_What you will do_:
Write out the line that has "-- The adjustment" in it, along with each line that comes after it until the listing ends, and add nothing.

_Record extracts_:
>>>>
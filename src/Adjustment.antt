-- ===== src/Adjustment.antt =====
-- The adjustment data in the EEPROM of a channel, and its cache:
-- zenux-service-common/lib/adjustment/adjustmenteepromreadwrite.cpp.
pub mod Buffer
pub mod ReadWrite
pub mod RoundTrip
pub mod Validity
pub mod Memory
<<<<
_Response box_:
-- The adjustment data in the EEPROM of a channel, and its cache:
-- zenux-service-common/lib/adjustment/adjustmenteepromreadwrite.cpp.
pub mod Buffer
pub mod ReadWrite
pub mod RoundTrip
pub mod Validity
pub mod Memory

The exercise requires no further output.